Unconstrained Optimization - Explanation and Examples

Unconstrained Optimization - Explanation and Examples

In plain terms, optimization is the task of solving for the best option given a goal and some constraints. In today’s post, we are going to look into solving convex optimization problems without constraints. In more mathematic terms, we would read the next line as “minimize f subject to x, such that x is in $\mathcal{X}$”. Where $\mathcal{X}= \mathcal{R} \text{(real numbers)}, \mathcal{R}^{n}\text{(vectors)}$ even letting $x$ be a function itself.

\[\min_{x} f(x), \text{s.t.: } x\in \mathcal{X}\]

Unconstrained optimization crops up in many fields under different names, and understanding how to solve these types of problems is incredibly powerful. Some examples include regressing a linear function onto the data set. Here we are minimizing the sum of squared error.

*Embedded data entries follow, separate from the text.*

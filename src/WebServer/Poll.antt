-- ===== src/WebServer/Poll.antt =====
-- What `OutputPollHandler` (src/WebServerFactory.cpp) sends: one unbroken piece of the output, though
-- other threads write to the buffer between its reads.
use mathlib.Core.Option
use ml_gridengine_executor.Base.{
  ℕ, zero, suc, ◌+◌, ◌-◌, ◌^◌, ◌≤◌, ◌<◌, ◌≡◌, ◌⊎◌, inl, inr, refl, sym, ap, ◌∙◌, List, [], ◌∷◌,
  ◌++◌, Bool, true, false, not, ◌&&◌, ◌||◌, Option, some, arith, min, max, ltb, ltb_cases, ◌==◌,
  ==_iff, if◌then◌else◌, Bool-cases, ◌>>=◌, length, take, drop, length-append, length-take,
  length-drop, take-add, drop-drop, drop-take, of_word_small, add64, add64_lem, sub64, sub64_lem,
  pos, of_word,
}
use ml_gridengine_executor.ReadResult.{ReadResult, result}
use ml_gridengine_executor.Heap.{PairingHeap}
use ml_gridengine_executor.OutputBuffer.{OutputBuffer, try_read, try_read_at}
use ml_gridengine_executor.OutputBuffer.Spec.{piece, read_spec, Keeps}
use ml_gridengine_executor.OutputBuffer.Read.{translate_negative_begin-position, try_read-read_spec}
use ml_gridengine_executor.WebServer.{send_loop, respond, content}

take-take-take :
    (n m : ℕ) (xs : List ℕ) → take (length (take n (take m xs))) xs ≡ take n (take m xs)
take-take-take zero m xs = refl
take-take-take (suc n) zero xs = refl
take-take-take (suc n) (suc m) [] = refl
take-take-take (suc n) (suc m) (x ∷ xs) = ap (λ l. x ∷ l) (take-take-take n m xs)

-- What is read from a beginning of the history is a piece of the history.
pub piece-take :
    (k begin n : ℕ) (history : List ℕ)
    → piece history begin (length (piece (take k history) begin n)) ≡ piece (take k history) begin n
piece-take k begin n history =
    rw (drop-take begin k history) (take-take-take n (k - begin) (drop begin history))

-- The test after each read of the loop.
abbrev stops : ℕ → ReadResult → Bool
stops begin r = r.is_timeout || (r.is_closed || not (begin == r.begin))

-- What a read that does not stop the loop has given.
read_spec-goes_on :
    (c : Bool) (cap : ℕ) (history : List ℕ) (begin n : ℕ)
    → stops begin (read_spec c cap history begin n).0 ≡ false
    → ((read_spec c cap history begin n).0.begin ≡ begin)
      × ((read_spec c cap history begin n).0.count ≡ length (read_spec c cap history begin n).1)
      × ((read_spec c cap history begin n).1 ≡ piece history begin n)
unfolding read_spec
read_spec-goes_on c cap history begin n s = elim (ltb_cases begin (length history)) [
  | inl (t, lt) ↦
      let same : max begin (length history - cap) ≡ begin =
        ground (arith, s, t, ==_iff begin (max begin (length history - cap))) in
      rw t (same, refl, ap (λ m. piece history m n) same)
  | inr (t, ge) ↦ absurd (ground (arith, s, t))
]

module _ (H : PairingHeap) where
  -- Buffers that each keep a beginning of one history.
  abbrev pub Snapshots : List ℕ → List (OutputBuffer H) → Type 0
  Snapshots history [] = Unit
  Snapshots history (b ∷ turns) = (k : ℕ) × Keeps b.ring (take k history) × Snapshots history turns

  -- A read at a position that a signed number can hold.
  try_read_at-spec :
      (b : OutputBuffer H) (history : List ℕ) (begin count : ℕ)
      → Keeps b.ring history
      → begin < 2 ^ 63
      → try_read_at H b (of_word begin) count
        ≡ some (read_spec b.is_closed b.ring.max_capacity history begin count)
  unfolding try_read_at
  try_read_at-spec b history begin count k h =
      ap (λ z. try_read_at H b z count) (of_word_small begin h)
      ∙ ap (λ p. try_read H b p count)
          (translate_negative_begin-position b.ring.written_bytes (pos begin)
            (omega (arith, k.written, k.in_range)) h)
      ∙ try_read-read_spec H b history begin count k

  -- What the loop sends is the next piece of the history, and not more than was asked for.
  abbrev Sends : ℕ → List ℕ → ℕ → ℕ → Option (List ℕ) → Type 0
  Sends count history begin written o =
      (body : List ℕ) × (o ≡ some body)
      × (body ≡ piece history begin (length body))
      × ((count ≡ 0) ⊎ (written + length body ≤ count))

  module _ (count size : ℕ) (b : OutputBuffer H) (turns : List (OutputBuffer H))
      (begin written : ℕ) where
    abbrev asks : ℕ
    asks = if ltb 0 count then min (sub64 count written) size else size

    asks-le :
        (m : ℕ)
        → (count ≡ 0) ⊎ (written ≤ count)
        → count < 2 ^ 32
        → m ≤ asks
        → (ltb 0 count && not (ltb written count)) ≡ false
        → (count ≡ 0) ⊎ (written + m ≤ count)
    asks-le m w small le c = ground (arith, w, sub64_lem count written, c)

    turn_enough :
        (ltb 0 count && not (ltb written count)) ≡ true
        → send_loop H count size (b ∷ turns) begin written ≡ some []
    unfolding send_loop
    turn_enough c = rw c refl

    turn_stops :
        (r : ReadResult) (bytes : List ℕ)
        → (ltb 0 count && not (ltb written count)) ≡ false
        → try_read_at H b (of_word begin) asks ≡ some (r, bytes)
        → stops begin r ≡ true
        → send_loop H count size (b ∷ turns) begin written ≡ some []
    unfolding send_loop
    turn_stops r bytes c eq s = rw (c, eq, ◌>>=◌, s) refl

    turn_goes_on :
        (r : ReadResult) (bytes : List ℕ)
        → (ltb 0 count && not (ltb written count)) ≡ false
        → try_read_at H b (of_word begin) asks ≡ some (r, bytes)
        → stops begin r ≡ false
        → send_loop H count size (b ∷ turns) begin written
          ≡ Option.map
              (λ more. bytes ++ more)
              (send_loop H count size turns (add64 r.begin r.count) (add64 written r.count))
    unfolding send_loop
    turn_goes_on r bytes c eq s = rw (c, eq, ◌>>=◌, s) refl

  Sends-nothing :
      {o : Option (List ℕ)} (count : ℕ) (history : List ℕ) (begin written : ℕ)
      → (count ≡ 0) ⊎ (written ≤ count)
      → o ≡ some []
      → Sends count history begin written o
  Sends-nothing count history begin written w e = ([], e, refl, ground (arith, w))

  Sends-more :
      {o o' : Option (List ℕ)} (count : ℕ) (history bytes : List ℕ) (begin written : ℕ)
      → bytes ≡ piece history begin (length bytes)
      → o ≡ Option.map (λ more. bytes ++ more) o'
      → Sends count history (begin + length bytes) (written + length bytes) o'
      → Sends count history begin written o
  Sends-more count history bytes begin written e eq (more, eq', e', w) =
      let total : length (bytes ++ more) ≡ length bytes + length more = length-append bytes more in
      (
        bytes ++ more,
        eq ∙ ap (Option.map (λ l. bytes ++ l)) eq',
        ap (λ l. l ++ more) e
            ∙ ap (λ l. piece history begin (length bytes) ++ l)
                (e' ∙ ap (take (length more)) (sym (drop-drop (length bytes) begin history)))
            ∙ take-add (length bytes) (length more) (drop begin history)
            ∙ ap (λ n. piece history begin n) (sym total),
        ground (arith, w, total),
      )

  -- The loop sends a piece of the history, and with the bytes sent before not more than `count`.
  send_loop-Sends :
      (count size : ℕ) (history : List ℕ) (turns : List (OutputBuffer H)) (begin written : ℕ)
      → length history < 2 ^ 63
      → count < 2 ^ 32
      → Snapshots history turns
      → begin ≤ length history
      → written ≤ begin
      → (count ≡ 0) ⊎ (written ≤ count)
      → Sends count history begin written (send_loop H count size turns begin written)
  unfolding send_loop
  send_loop-Sends count size history [] begin written range small snaps h v w =
      Sends-nothing count history begin written w refl
  send_loop-Sends count size history (b ∷ turns) begin written range small (k, keeps, snaps) h v w =
      elim (Bool-cases (ltb 0 count && not (ltb written count))) [
        | inl c ↦
            Sends-nothing count history begin written w
              (turn_enough count size b turns begin written c)
        | inr c ↦
            let n : ℕ = asks count size b turns begin written in
            let rs : ReadResult × List ℕ =
              read_spec b.is_closed b.ring.max_capacity (take k history) begin n in
            let eq = try_read_at-spec b (take k history) begin n keeps (omega arith) in
            elim (Bool-cases (stops begin rs.0)) [
              | inl s ↦
                  Sends-nothing count history begin written w
                    (turn_stops count size b turns begin written rs.0 rs.1 c eq s)
              | inr s ↦
                  let (same, len, bytes) =
                    read_spec-goes_on b.is_closed b.ring.max_capacity (take k history) begin n s in
                  let fits : length rs.1 ≤ length history - begin = omega (
                    arith,
                    ap length bytes,
                    length-take n (drop begin (take k history)),
                    length-drop begin (take k history),
                    length-take k history,
                  ) in
                  let asked : (count ≡ 0) ⊎ (written + length rs.1 ≤ count) =
                    asks-le count size b turns begin written (length rs.1) w small
                      (omega (arith, ap length bytes, length-take n (drop begin (take k history))))
                      c in
                  let to : add64 rs.0.begin rs.0.count ≡ begin + length rs.1 =
                    omega (arith, add64_lem rs.0.begin rs.0.count, same, len) in
                  let sent : add64 written rs.0.count ≡ written + length rs.1 =
                    omega (arith, add64_lem written rs.0.count, len) in
                  Sends-more count history rs.1 begin written
                    (bytes
                      ∙ sym (piece-take k begin n history)
                      ∙ ap (λ l. piece history begin (length l)) (sym bytes))
                    (turn_goes_on count size b turns begin written rs.0 rs.1 c eq s
                      ∙ ap
                          (λ i.
                            Option.map (λ more. rs.1 ++ more)
                              (send_loop H count size turns i (add64 written rs.0.count)))
                          to
                      ∙ ap
                          (λ j.
                            Option.map (λ more. rs.1 ++ more)
                              (send_loop H count size turns (begin + length rs.1) j))
                          sent)
                    (send_loop-Sends count size history turns (begin + length rs.1)
                      (written + length rs.1) range small snaps (omega arith) (omega arith) asked)
            ]
      ]

  -- A first read has returned a piece of a history of fewer than 2 ^ 63 bytes, not longer than
  -- the count asked for, which is below 2 ^ 32 (0 asks for all), and each later turn finds the
  -- buffer keeping some beginning of that history. What the handler sends is then one piece of
  -- the history, from the position that it names, and not longer than was asked for.
  pub respond-piece :
      (count size first : ℕ) (history bytes : List ℕ) (turns : List (OutputBuffer H))
      → length history < 2 ^ 63
      → count < 2 ^ 32
      → Snapshots history turns
      → first + length bytes ≤ length history
      → bytes ≡ piece history first (length bytes)
      → (count ≡ 0) ⊎ (length bytes ≤ count)
      → (body : List ℕ) × (respond H count size (result first (length bytes), bytes) turns
          ≡ some (content first body))
        × (body ≡ piece history first (length body))
        × ((count ≡ 0) ⊎ (length body ≤ count))
  unfolding respond
  respond-piece count size first history bytes turns range small snaps h e w =
      let to : add64 first (length bytes) ≡ first + length bytes =
        omega (arith, add64_lem first (length bytes)) in
      let (more, eq, e', w') =
        send_loop-Sends count size history turns (first + length bytes) (length bytes) range small
          snaps h (omega arith) w in
      let (body, eq', e'', w'') =
        Sends-more count history bytes first 0 e refl (more, refl, e', ground (arith, w')) in
      (
        body,
        ap
              (λ i.
                Option.map (λ l. content first (bytes ++ l))
                  (send_loop H count size turns i (length bytes)))
              to
            ∙ ap (Option.map (λ l. content first (bytes ++ l))) eq
            ∙ ap (Option.map (content first)) eq',
        e'',
        ground (arith, w''),
      )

\[\min_{\alpha_0,\alpha_1 } \sum_{i=0}^{n}\left(y_i - (\alpha_1x_i+\alpha_0)\right)^2\]

Or, more generally, we could regress any arbitrary function to a dataset in this manner. Here is an example of regressing a $k^{th}$ order polynomial to a dataset.

\[\min_{\alpha_0\in\mathcal{R}^{k} } \sum_{i=0}^{n}\left(y_i - f(x_i)\right)^2, \text{where} f(x) = \sum_{j=0}^k\alpha_j x^j\]

These types of optimization problems are typically known as min-norm problems.

In a more complicated example, say we had an objective function (our goal) that took in a function, such as finding the path between two points that minimizes the length you need to travel. Here $x$ belongs to $\mathcal{L}_2$, the space of all square integrable functions. Clearly, the solution is a line between the two points, but the solution process is not intuitive.

\[\min_{x} F[x(t), x'(t), t] = \int_{x_1}^{x_2}\sqrt{1+x'(t)^2}\]

Optimality Conditions - What makes a solution

How do we know we have a minimum of $f(x)$? We need to use necessary and sufficient conditions to guild us on this path.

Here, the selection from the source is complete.